Дипломатия Волков. Месть Драконов. Отвага Соколов — страница 19 из 205

Тут в руку Кейт впились ногти, голос Дугхалла шепнул ей на ухо:

— Спокойно, девочка.

И Кейт отступила от грани, на которой оказалась незаметно для самой себя. Спасибо богам — всем и каждому — за то, что она Превращалась вчера, иначе, невзирая на любые успокоительные голоса на свете, все-таки выдала бы себя. Ярость вскипала в ней, отказываясь подчиняться воле; Кейт глядела вниз на прекрасного мальчугана, более не являвшегося им. Трансформация сделала его четвероногим существом, лишь отчасти пораженным проклятием Карнея. Должно быть, тюремщики мучили и пугали ребенка, и он много времени проводил в своем втором состоянии; они истощали топливо, питавшее пламя Превращения. Он был еще мал, однако в состоянии Карнея мог представлять опасность для врагов. Преобразившись наполовину, не имея возможности ни закончить Трансформацию, ни сделаться прежним, он только лишь доказывал всем высказанное обвинение: да, он — чудовище. Монстр.

Толпа трепетала от восхищения. Их ожидало зрелище более занимательное, чем раздирание воров на части, более волнующее, чем растерзание медведем; один из почтенных соседей укрывал у себя чудовище, и вот мерзкое создание разоблачено, а с ним и грязные тайны Семьи, сделавшейся преступной. Верховный парнисса крикнул, обращаясь к параглезу:

— Этот ребенок — сын Маршалиса Силкмана, и первые пять лет его жизни в Гаервандий перед богом Абджаном и парниссами ставили другого ребенка, так что чудовищная природа его осталась неразоблаченной. Параглез, в первый истинный день года моего Славненького Жирненького Поросенка Абрамакнара я спрашиваю у тебя, что ты скажешь Семье Силкман?

— Скажу так.

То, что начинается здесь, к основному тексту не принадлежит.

-- ===== src/Domain/Matching/Overlap.antt =====
-- What a rule that overlaps means.
use yente.Prelude.{
  Text, ◌≡◌, refl, sym, ap, ◌∙◌, ◌↔◌, true, ◌||◌, List, [], ◌∷◌, codes, if◌then◌else◌, arith,
  includes, same, same_iff, same_refl, ok, Bool-cases, inl, inr,
}
use yente.Domain.Qualification.{Value, read_path, is_filled}
use yente.Domain.Matching.{
  Rule, Row, texts_of, without_repeats, put_text, sort_texts, canonical_values, shared,
  evaluate_rule,
}

includes-put_text :
    (x a : Text) (l : List Text) → includes x (put_text a l) ≡ (same x a || includes x l)
unfolding includes put_text
includes-put_text x a [] = refl
includes-put_text x a (b ∷ rest) = ground (arith, includes-put_text x a rest)

includes-sort_texts : (x : Text) (l : List Text) → includes x (sort_texts l) ≡ includes x l
unfolding includes sort_texts
includes-sort_texts x [] = refl
includes-sort_texts x (a ∷ rest) =
    ground (arith, includes-put_text x a (sort_texts rest), includes-sort_texts x rest)

includes-same : (x y : Text) (l : List Text) → same x y ≡ true → includes x l ≡ includes y l
includes-same x y l e = ap (λ t. includes t l) ((same_iff x y).0 e)

includes-without_repeats :
    (x : Text) (seen l : List Text)
    → (includes x (without_repeats seen l) || includes x seen) ≡ (includes x l || includes x seen)
unfolding includes without_repeats
includes-without_repeats x seen [] = refl
includes-without_repeats x seen (a ∷ rest) = ground (
  arith,
  includes-without_repeats x seen rest,
  includes-without_repeats x (a ∷ seen) rest,
  includes-same x a seen,
)

includes-canonical_values :
    (x : Text) (v : Value) → includes x (canonical_values v) ≡ includes x (texts_of v)
unfolding canonical_values includes
includes-canonical_values x v =
    includes-sort_texts x (without_repeats [] (texts_of v))
    ∙ ground (arith, includes-without_repeats x [] (texts_of v))

abbrev pub InBoth : List Text → List Text → Type 0
InBoth a b = (x : Text) × (includes x a ≡ true) × (includes x b ≡ true)

shared-InBoth : (a b : List Text) → is_filled (shared a b) ≡ true → InBoth a b
unfolding shared includes
shared-InBoth [] b h = absurd (ground arith)
shared-InBoth (x ∷ xs) b h = elim (Bool-cases (includes x b)) [
  | inl e ↦ (x, ground (arith, same_refl x), e)
  | inr e ↦ let (y, own, other) = shared-InBoth xs b (ground arith) in (y, ground arith, other)
]

is_filled-shared :
    (a b : List Text) (x : Text)
    → includes x a ≡ true
    → includes x b ≡ true
    → is_filled (shared a b) ≡ true
unfolding shared includes
is_filled-shared [] b x h k = absurd (ground arith)
is_filled-shared (y ∷ ys) b x h k = ground (arith, is_filled-shared ys b x, includes-same x y b)

abbrev pub values_at : Value → Text → List Text
values_at v path = texts_of (read_path v path)

abbrev own_values : Value → Rule → List Text
own_values member rule = canonical_values (read_path member rule.member_path)

abbrev other_values : Value → Rule → List Text
other_values opportunity rule = canonical_values (read_path opportunity rule.opportunity_path)

abbrev overlap_row : Rule → List Text → List Text → Row
overlap_row rule own other = record {
  id = rule.id;
  passed = is_filled (shared own other);
  matched_values = shared own other;
  contribution = if is_filled (shared own other) then rule.weight else 0;
}

-- A rule with the operator `overlap` always gives a row, and passes exactly if some value stands on
-- both sides, however often and in whatever order the values are given.
pub evaluate_rule_overlap :
    (member opportunity : Value) (rule : Rule)
    → rule.operator ≡ codes "overlap"
    → (row : Row) × (evaluate_rule member opportunity rule ≡ ok row)
      × ((row.passed ≡ true)
          ↔ InBoth
              (values_at member rule.member_path)
              (values_at opportunity rule.opportunity_path))
unfolding evaluate_rule
evaluate_rule_overlap member opportunity rule o = (
  overlap_row rule (own_values member rule) (other_values opportunity rule),
  ground (arith, same_iff rule.operator (codes "overlap")),
  (
    (λ h.
        let (x, a, b) = shared-InBoth (own_values member rule) (other_values opportunity rule) h in
        (x, sym (includes-canonical_values x _) ∙ a, sym (includes-canonical_values x _) ∙ b)),
    (λ (x, a, b).
        is_filled-shared (own_values member rule) (other_values opportunity rule) x
          (includes-canonical_values x _ ∙ a) (includes-canonical_values x _ ∙ b)),
  ),
)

За нарушение клятвы, за укрытие чудовища среди нас, за ложь перед людьми и богами, за созданную ими угрозу народному благополучию и за злоумышление против Семей Иберы и народа Халлеса я объявляю виновным всю Семью Силкман — практическим доказательством — и приговариваю всех живых членов этой семьи, принадлежащих к ней по рождению или браку, к смерти во всех поколениях.

Такой приговор мог быть вынесен и семье самой Кейт — не Семье, потому что Галвеи как целое не подлежали общему суду, а именно семье — отцу, матери, сестрам и братьям, ибо ни одну из ветвей Семьи нельзя было считать настолько ценной, чтобы ее нельзя было срезать — ради умиротворения толпы или сохранения власти Семьи как целого.

— Жалуешь ли ты их прощением или милостью?

— Сами боги осудили эту тварь со всеми родичами. Им не будет ни милости, ни прощения.

Мальчик рыдал. Его семья взывала к богам. Стражники привязали ребенка к лошадям. Толпа завизжала в припадке восторга. Кони рванулись вперед.

Глава 9

С полдюжины молодых людей элегантно подпирали колонны или сидели развалясь на белых каменных скамьях, украшавших двор таверны. Единственная служанка, раскрасневшаяся и тревожно поблескивающая глазами, подавала им поднос за подносом. Закупоренные бутылки эля сменяли блюда с нарезанной полосками тушеной свининой и поджаренным хлебом, однако мысли ее были явно обращены не к клиентам и не к увесистым чаевым, на которые она вполне могла рассчитывать; заслышав призывные крики, она всякий раз морщилась. Подав наконец последнее блюдо из заказанного Ри Сабиром угощения, она спросила:

— Потребуюсь ли я вам для чего-нибудь еще?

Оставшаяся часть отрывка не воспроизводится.